I don't get it? Why would you wait till 17" of snow was on the ground BEFORE you went out to plow I understand that its hard to see in a blizzard but without have snow banks already established to show you where your boundaries are, your going to have one hell of a time, not too mention pushing that much snow is rough!

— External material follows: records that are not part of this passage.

-- ===== src/Tests.antt =====
-- Runs, calls and files that the examples of the modules below are about.
pub mod Runs
pub mod Files
pub mod Sidebar
pub mod Tables
pub mod Store
pub mod Memory
pub mod Questions
use kaja.Prelude.{ℕ, String, Option, none, some, List, [], ◌∷◌, false, true}
use kaja.Value.{Value}
use kaja.Call.{MethodCall, ErrorValue}
use kaja.Run.{Run, ConsoleItem}
use kaja.Block.{Block}

abbrev pub started_run : Run
started_run = record {
  id = "r1";
  title = "List users";
  number = none;
  file_id = some "users.ts";
  started_at = 1000;
  origin = none;
  duration_ms = none;
  stale = false;
  payloads_expired = false;
}

abbrev pub issued_call : MethodCall
issued_call = record {
  id = "c1";
  app_name = "users";
  service = "Users";
  method = "GetUser";
  input = Value.undefined;
  output = none;
  output_type = none;
  stream_outputs = none;
  stream_complete = false;
  error = none;
  request_headers = none;
  response_headers = none;
  upstream_request_headers = none;
  upstream_response_headers = none;
  url = none;
  timestamp = 1000;
  duration_ms = none;
}

abbrev pub not_found : ErrorValue
not_found = record {
  truthy = true;
  status = some 404;
  code = none;
  message = some "no such user";
  thrown = none;
}

abbrev pub failed_call : MethodCall
failed_call = record issued_call { error = some not_found; duration_ms = some 12 }

abbrev pub settled_call : MethodCall
settled_call = record issued_call {
  id = "c2";
  output = some Value.undefined;
  duration_ms = some 30;
}

abbrev pub item_of : String → MethodCall → ConsoleItem
item_of id call = record {
  id = id;
  run_id = "r1";
  timestamp = call.timestamp;
  call = some call;
  logs = none;
  block = none;
  printed = false;
  key = none;
  payloads_dropped = false;
}

abbrev pub drawn_item : ConsoleItem
drawn_item = record (item_of "i3" issued_call) { call = none; block = some (Block.text "done") }

-- A call that is issued, another that settles, and the first again as it fails.
abbrev pub arrivals : List ConsoleItem
arrivals = item_of "i1" issued_call ∷ item_of "i2" settled_call ∷ item_of "i1" failed_call ∷ []
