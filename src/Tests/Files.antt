-- ===== src/Tests/Files.antt =====
-- The theorems on the consoles of files, at example files.
use kaja.Prelude.{◌≡◌, ◌≢◌, ◌≤◌, ◌<◌, refl, some, List, [], ◌∷◌, length, last?, All, String}
use kaja.Prelude.Dict
use kaja.Run.{Run}
use kaja.FileConsole
use kaja.FileConsole.{FileConsole}
use kaja.FileConsole.Record.{hold}
use kaja.FileConsole.Runs
use kaja.FileConsole.Runs.{number_of, next_run_number}
use kaja.FileConsole.Queue.{IsQueue, live, enqueue, hold_lem, empty-IsQueue}
use kaja.FileConsole.Bounds.{IsBounded}
use kaja.FileConsole.Reach
use kaja.FileConsole.Reach.{FileOperation, perform_all-IsBounded}
use kaja.FileConsole.Numbers.{start_run-numbered}
use kaja.Consoles.{Consoles, empty, write, evict, touch, paint, paint_all, flags_changed}
use kaja.Consoles.Files
use kaja.Consoles.Writes
use kaja.Consoles.Files.{rename_file}
use kaja.Consoles.Recency.{Operation, perform, perform_all, perform_all-IsRecent, start_run-last}
use kaja.Consoles.Renaming.{write-rename_file}
use kaja.Tests.{started_run, issued_call, failed_call}

hold_example :
    IsQueue (hold 7 FileConsole.empty)
    × (live (hold 7 FileConsole.empty) ≡ enqueue (live FileConsole.empty) 7)
hold_example = hold_lem 7 FileConsole.empty empty-IsQueue

start_run-numbered_example :
    (length (Runs.start_run started_run FileConsole.empty).runs ≤ 25)
    × (last? (Runs.start_run started_run FileConsole.empty).runs
        ≡ some (record started_run { number = some (next_run_number FileConsole.empty) }))
    × All
        (λ (older : Run).
          number_of older
          < number_of (record started_run { number = some (next_run_number FileConsole.empty) }))
        FileConsole.empty.runs
start_run-numbered_example = start_run-numbered started_run FileConsole.empty

-- A draft is put back, and its tab is chosen.
abbrev operations : List Operation
operations =
    Operation.put_file "users.ts" FileConsole.empty
    ∷ Operation.put_file "orders.ts" FileConsole.empty
    ∷ Operation.drop_file "users.ts"
    ∷ []

operations-mru : (perform_all operations empty).mru ≡ some "orders.ts"
unfolding perform_all perform Files.put_file Files.drop_file Files.take_file evict touch paint
    paint_all flags_changed empty
operations-mru = refl

perform_all-IsRecent_example :
    last? (Dict.keys (perform_all operations empty).files) ≡ some "orders.ts"
perform_all-IsRecent_example = perform_all-IsRecent operations "orders.ts" operations-mru

named : ◌≢◌ {A = String} "users.ts" ""
named e = cc e

start_run-last_example :
    (length (Writes.start_run started_run 1000 (perform_all operations empty)).files ≤ 50)
    × (last? (Dict.keys (Writes.start_run started_run 1000 (perform_all operations empty)).files)
        ≡ some "users.ts")
start_run-last_example = start_run-last operations started_run 1000 refl named

-- The file "orders.ts" is the most recent one.
abbrev two_files : Consoles
two_files = record empty {
  files = ("users.ts", FileConsole.empty) ∷ ("orders.ts", FileConsole.empty) ∷ [];
  mru = some "orders.ts";
}

write-rename_file_example :
    last? (
      Dict.keys
        (write "orders.ts" 1000
          (Runs.clear 1000)
          (rename_file "users.ts" "people.ts" two_files)).files)
    ≡ some "people.ts"
write-rename_file_example =
    write-rename_file two_files "users.ts" "people.ts" "orders.ts" refl refl refl refl 1000
      (Runs.clear 1000)

-- A run that makes a call, which fails, is cleared away while another one starts.
abbrev file_operations : List FileOperation
file_operations =
    FileOperation.start_run started_run
    ∷ FileOperation.record_call "i1" "r1" issued_call
    ∷ FileOperation.record_call "i1" "r1" failed_call
    ∷ FileOperation.settle_run "r1" 40
    ∷ FileOperation.clear 2000
    ∷ FileOperation.start_run (record started_run { id = "r2" })
    ∷ []

perform_all-IsBounded_example : IsBounded (Reach.perform_all file_operations FileConsole.empty)
perform_all-IsBounded_example = perform_all-IsBounded file_operations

I'm just jealous, we basically need sunblock today.....:crying: 
Have fun boys.


----------



## PlowMan03 (Dec 31, 2003)

Just started here at 11 and there is close to an inch on the ground. Last report I got said that we could get up 18" payup payup I am gonna be heading out soon  You guys be safe out there.


----------



## sir spaniourd (Jan 7, 2005)

4-5" on the ground. with the drifts some places 15", some other bare pavement.


----------



## echovalley (Dec 5, 2004)

Stopped for a quick bite to eat about 20-22 inches out there right now and still snowing heavy,this is one for the record books.


----------



## grassmanvt (May 27, 2004)

Cloudy here. 45 and sunny later this week.


----------



## JDsnowremoval (Nov 9, 2005)

22 inches South Windsor CT


----------



## PSDF350 (Jul 30, 2004)

About 3" here in SW NH.


----------



## SnoFarmer (Oct 15, 2004)

we had flurries last night and +5deg... lol:waving:


----------



## brunosplace (Dec 30, 2004)

Ann Arbor, MI, 

0" :crying: :angry:


----------



## blk90s13 (Sep 1, 2005)

krewl1 said:


> 9am and we have 17 inches of snow here in Asbury NJ. Finally time to use this plow for the first time. WOoohoooo


where in asbury are you man ? i work in neptune


----------